FKA Twigs and Blood Orange both play the Anthem, plus Meshell Ndegeocello at Strathmore and more.
With spring in sight, D.C. music fans can look forward to taking in sounds that command the body to move and the mind to expand, with styles that recontextualize the past for the future.
Blood Orange
For more than a decade, major figures in the pop world have existed, at most, six degrees from Dev Hynes, the 40-year-old English talent who records as Blood Orange. Hynes has written and produced for artists including Mariah Carey, Solange, Lorde and Daniel Caesar, and his Rolodex looms large on last year's "Essex Honey." On his latest album, Hynes recruits Caroline Polachek to nod to post-punk originals the Durutti Column and brings together Turnstile's Brendan Yates and Everything but the Girl's Ben Watt, among other left-field collaborations. The album works to find a path forward through grief and loss, using nostalgia for more than just stylistic pastiche, as twinkling meditations open up to reveal dance floor catharsis. (March 3 at 8 p.m. at the Anthem. theanthemdc.com. Sold out.)
FKA Twigs
Last year, FKA Twigs dabbled in etymology, coining "eusexua" as a term for a practice, state of being and "the pinnacle of human experience" that is equal parts nothingness and pure focus. On a same-named album and its sequel, "Eusexua Afterglow," the singer-songwriter-dancer foregrounded the connection between a night on the dance floor and one in bed with a lover. The beat shifts tempos and rhythms but never stops across both albums; the same will probably be true on the D.C. stop of her Body High Tour. (March 18 at 8 p.m. at the Anthem. theanthemdc.com. $73.35-$365.20.)
Rochelle Jordan
The last few years have not lacked for albums from artists creating R&B's electronic future, whether from FKA Twigs, Sudan Archives or Keiyaa. Rochelle Jordan is a key figure in this wave, having reemerged after a seven-year hiatus with 2021's "Play With the Changes," an album that shifted the backing from traditional R&B to beats drawn from U.K. garage and drum 'n' bass. On last year's "Through the Wall," the British-Canadian singer evoked memories of '90s diva house and turn-of-the-millennium beatcraft by Timbaland and the Neptunes. (March 25; doors open at 7 p.m. at 9:30 Club. 930.com. Sold out.)

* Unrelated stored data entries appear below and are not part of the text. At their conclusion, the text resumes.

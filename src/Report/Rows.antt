-- ===== src/Report/Rows.antt =====
-- A report as JSON is the array of its rows.
use libudjat.Base.{
  ◌≡◌, refl, sym, ap, ◌∙◌, Bool, true, false, List, [], ◌∷◌, ◌++◌, append_assoc, arith, Bytes,
  codes, length, All, all, ◌>>=◌, Result, err, ok,
}
use libudjat.Report.{Cell, ReportError}
use libudjat.Report.Write.{json_cell, json_separator, json_loop, Style}

-- A row as the inside of a JSON object.
unfoldable pub fields : Style → Bool → List Bytes → List Cell → Result ReportError Bytes
unfolding json_cell
fields f sep [] cells = ok []
fields f sep (h ∷ hs) [] = ok []
fields f sep (h ∷ hs) (c ∷ cells) = do
  here ← json_cell f c
  rest ← fields f true hs cells
  ok (json_separator false sep ++ (b'"' ∷ (h ++ (codes "\":" ++ (here ++ rest)))))

-- Rows, each behind a comma.
unfoldable pub objects : Style → List Bytes → List (List Cell) → Result ReportError Bytes
unfolding fields
objects f headers [] = ok []
objects f headers (row ∷ rows) = do
  inside ← fields f false headers row
  rest ← objects f headers rows
  ok (codes ",{" ++ (inside ++ (b'}' ∷ rest)))

-- What is put out after a cell, when that is in two parts.
behind_cell :
    (p name : Bytes) (t u v : Result ReportError Bytes)
    → (t >>= λ here. (u >>= λ a. v >>= λ b. ok (a ++ b)) >>= λ rest.
        ok (p ++ (b'"' ∷ (name ++ (codes "\":" ++ (here ++ rest))))))
      ≡ ((t >>= λ here. u >>= λ a. ok (p ++ (b'"' ∷ (name ++ (codes "\":" ++ (here ++ a))))))
          >>= λ a. v >>= λ b. ok (a ++ b))
behind_cell p name (err e) u v = refl
behind_cell p name (ok t) (err e) v = refl
behind_cell p name (ok t) (ok a) (err e) = refl
behind_cell p name (ok t) (ok a) (ok b) = simp append_assoc

ok_again : (v : Result ReportError Bytes) → (v >>= λ b. ok b) ≡ v
ok_again (err e) = refl
ok_again (ok b) = refl

json_loop-rest :
    (f : Style) (headers hs : List Bytes) (row more : List Cell)
    → length row ≡ length hs
    → json_loop f headers true hs (row ++ more)
      ≡ (fields f true hs row >>= λ a. json_loop f headers true [] more >>= λ b. ok (a ++ b))
unfolding json_loop fields
json_loop-rest f headers [] [] more e = sym (ok_again (json_loop f headers true [] more))
json_loop-rest f headers [] (c ∷ row) more e = absurd (omega (arith, e))
json_loop-rest f headers (h ∷ hs) [] more e = absurd (omega (arith, e))
json_loop-rest f headers (h ∷ hs) (c ∷ row) more e =
    rw (json_loop-rest f headers hs row more (omega (arith, e))) (
      behind_cell (codes ",") h (json_cell f c) (fields f true hs row)
        (json_loop f headers true [] more))

-- What is put out after the first cell of a row that is not the first.
behind_first :
    (p name : Bytes) (t u v : Result ReportError Bytes)
    → (t >>= λ here. (u >>= λ a. v >>= λ b. ok (a ++ b)) >>= λ rest.
        ok (p ++ (b'"' ∷ (name ++ (codes "\":" ++ (here ++ rest))))))
      ≡ ((t >>= λ here. u >>= λ a. ok (b'"' ∷ (name ++ (codes "\":" ++ (here ++ a))))) >>= λ a.
          v >>= λ b. ok (p ++ (a ++ b)))
behind_first p name (err e) u v = refl
behind_first p name (ok t) (err e) v = refl
behind_first p name (ok t) (ok a) (err e) = refl
behind_first p name (ok t) (ok a) (ok b) = simp append_assoc

-- A row of the table has a cell for each header.
abbrev pub IsRow : List Bytes → List Cell → Type 0
IsRow headers row = length row ≡ length headers

json_loop-row :
    (f : Style) (h : Bytes) (hs : List Bytes) (row more : List Cell)
    → IsRow (h ∷ hs) row
    → json_loop f (h ∷ hs) true [] (row ++ more) ≡ (
        fields f false (h ∷ hs) row >>= λ a.
        json_loop f (h ∷ hs) true [] more >>= λ b. ok (codes "},{" ++ (a ++ b)))
unfolding json_loop fields
json_loop-row f h hs [] more e = absurd (omega (arith, e))
json_loop-row f h hs (c ∷ row) more e =
    rw (json_loop-rest f (h ∷ hs) hs row more (omega (arith, e))) (
      behind_first (codes "},{") h (json_cell f c) (fields f true hs row)
        (json_loop f (h ∷ hs) true [] more))

pub json_loop-first :
    (f : Style) (h : Bytes) (hs : List Bytes) (row more : List Cell)
    → IsRow (h ∷ hs) row
    → json_loop f (h ∷ hs) false (h ∷ hs) (row ++ more) ≡ (
        fields f false (h ∷ hs) row >>= λ a. json_loop f (h ∷ hs) true [] more >>= λ b. ok (a ++ b))
unfolding json_loop fields
json_loop-first f h hs [] more e = absurd (omega (arith, e))
json_loop-first f h hs (c ∷ row) more e =
    rw (json_loop-rest f (h ∷ hs) hs row more (omega (arith, e)))
      (behind_cell [] h (json_cell f c) (fields f true hs row) (json_loop f (h ∷ hs) true [] more))

abbrev pub joined : List (List Cell) → List Cell
joined [] = []
joined (row ∷ rows) = row ++ joined rows

abbrev pub closing : Result ReportError Bytes → Result ReportError Bytes
closing v = v >>= λ b. ok (b ++ b'}' ∷ [])

closed_row :
    (u v : Result ReportError Bytes)
    → closing (u >>= λ a. v >>= λ b. ok (codes "},{" ++ (a ++ b)))
      ≡ (u >>= λ a. closing v >>= λ b. ok (codes "},{" ++ (a ++ b)))
closed_row (err e) v = refl
closed_row (ok a) (err e) = refl
closed_row (ok a) (ok b) = simp append_assoc

opened_row :
    (u v : Result ReportError Bytes)
    → (u >>= λ a. (v >>= λ o. ok (b'}' ∷ o)) >>= λ b. ok (codes "},{" ++ (a ++ b)))
      ≡ ((u >>= λ a. v >>= λ o. ok (codes ",{" ++ (a ++ (b'}' ∷ o)))) >>= λ o. ok (b'}' ∷ o))
opened_row (err e) v = refl
opened_row (ok a) (err e) = refl
opened_row (ok a) (ok o) = refl

pub json_loop-objects :
    (f : Style) (h : Bytes) (hs : List Bytes) (rows : List (List Cell))
    → All (IsRow (h ∷ hs)) rows
    → closing (json_loop f (h ∷ hs) true [] (joined rows))
      ≡ (objects f (h ∷ hs) rows >>= λ o. ok (b'}' ∷ o))
unfolding json_loop objects
json_loop-objects f h hs [] all = refl
json_loop-objects f h hs (row ∷ rows) all =
    ap closing (json_loop-row f h hs row (joined rows) all.0)
    ∙ closed_row (fields f false (h ∷ hs) row) (json_loop f (h ∷ hs) true [] (joined rows))
    ∙ ap (λ q. fields f false (h ∷ hs) row >>= λ a. q >>= λ b. ok (codes "},{" ++ (a ++ b)))
        (json_loop-objects f h hs rows all.1)
    ∙ opened_row (fields f false (h ∷ hs) row) (objects f (h ∷ hs) rows)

Robert Glasper & Lalah Hathaway
Award-winning pianist-producer Robert Glasper consistently keeps the street fed with albums that tickle the connective tissue between jazz, R&B and hip-hop, but he was especially prolific last couple of years. On "Code Derivation," he highlighted these connections by contrasting jazz compositions with remixes by the likes of Hi-Tek, Black Milk and his son, Riley Glasper, while "Keys to the City Volume One" that was captured during his annual residency at the Blue Note in New York and features collaborators including Thundercat and Black Thought. His latest visit to D.C. features another collaborator in soul singer Lalah Hathaway. (March 5 at 8 p.m. at Warner Theatre. warnertheatredc.com. Sold out.)
Meshell Ndegeocello
Artists like Blood Orange and Robert Glasper owe a great deal to Meshell Ndegeocello, the singer-poet-bassist who has been cross-pollinating musical styles ever since coming of age in D.C.'s go-go scene in the 1980s. Back in 2024, Ndegeocello performed at the Strathmore and paid homage to James Baldwin with "No More Water: The Gospel of James Baldwin," selections of which have dominated her recent set lists. (March 27 at 8 p.m. at the Music Center at Strathmore. strathmore.org. $28-$78.)
Sabrina Claudio
Although she received a Grammy nomination for her contributions on Beyoncé's "Renaissance," Sabrina Claudio's solo music is less dance-floor oriented than Bey's 2022 concept album. Instead, the Miami-born singer-songwriter has built a discography around the soothing sounds of quiet storm R&B, all sweeping melodies, gentle keys and guitar and swelling productions.
Show Me the Body
Machine Girl and Lust$ickPuppy take electronic music in the internet age to its logical conclusion, pushing beats and collage-like compositions into noise that annihilates, with lyrics that are politically potent and equally extreme. Opening act Show Me the Body also makes extreme music, albeit songs that feel more organic, in the way that the New York crew draws from hardcore punk, hip-hop and beyond -- making its recently released cover of "Sabotage" by NYC progenitors the Beastie Boys even more apt.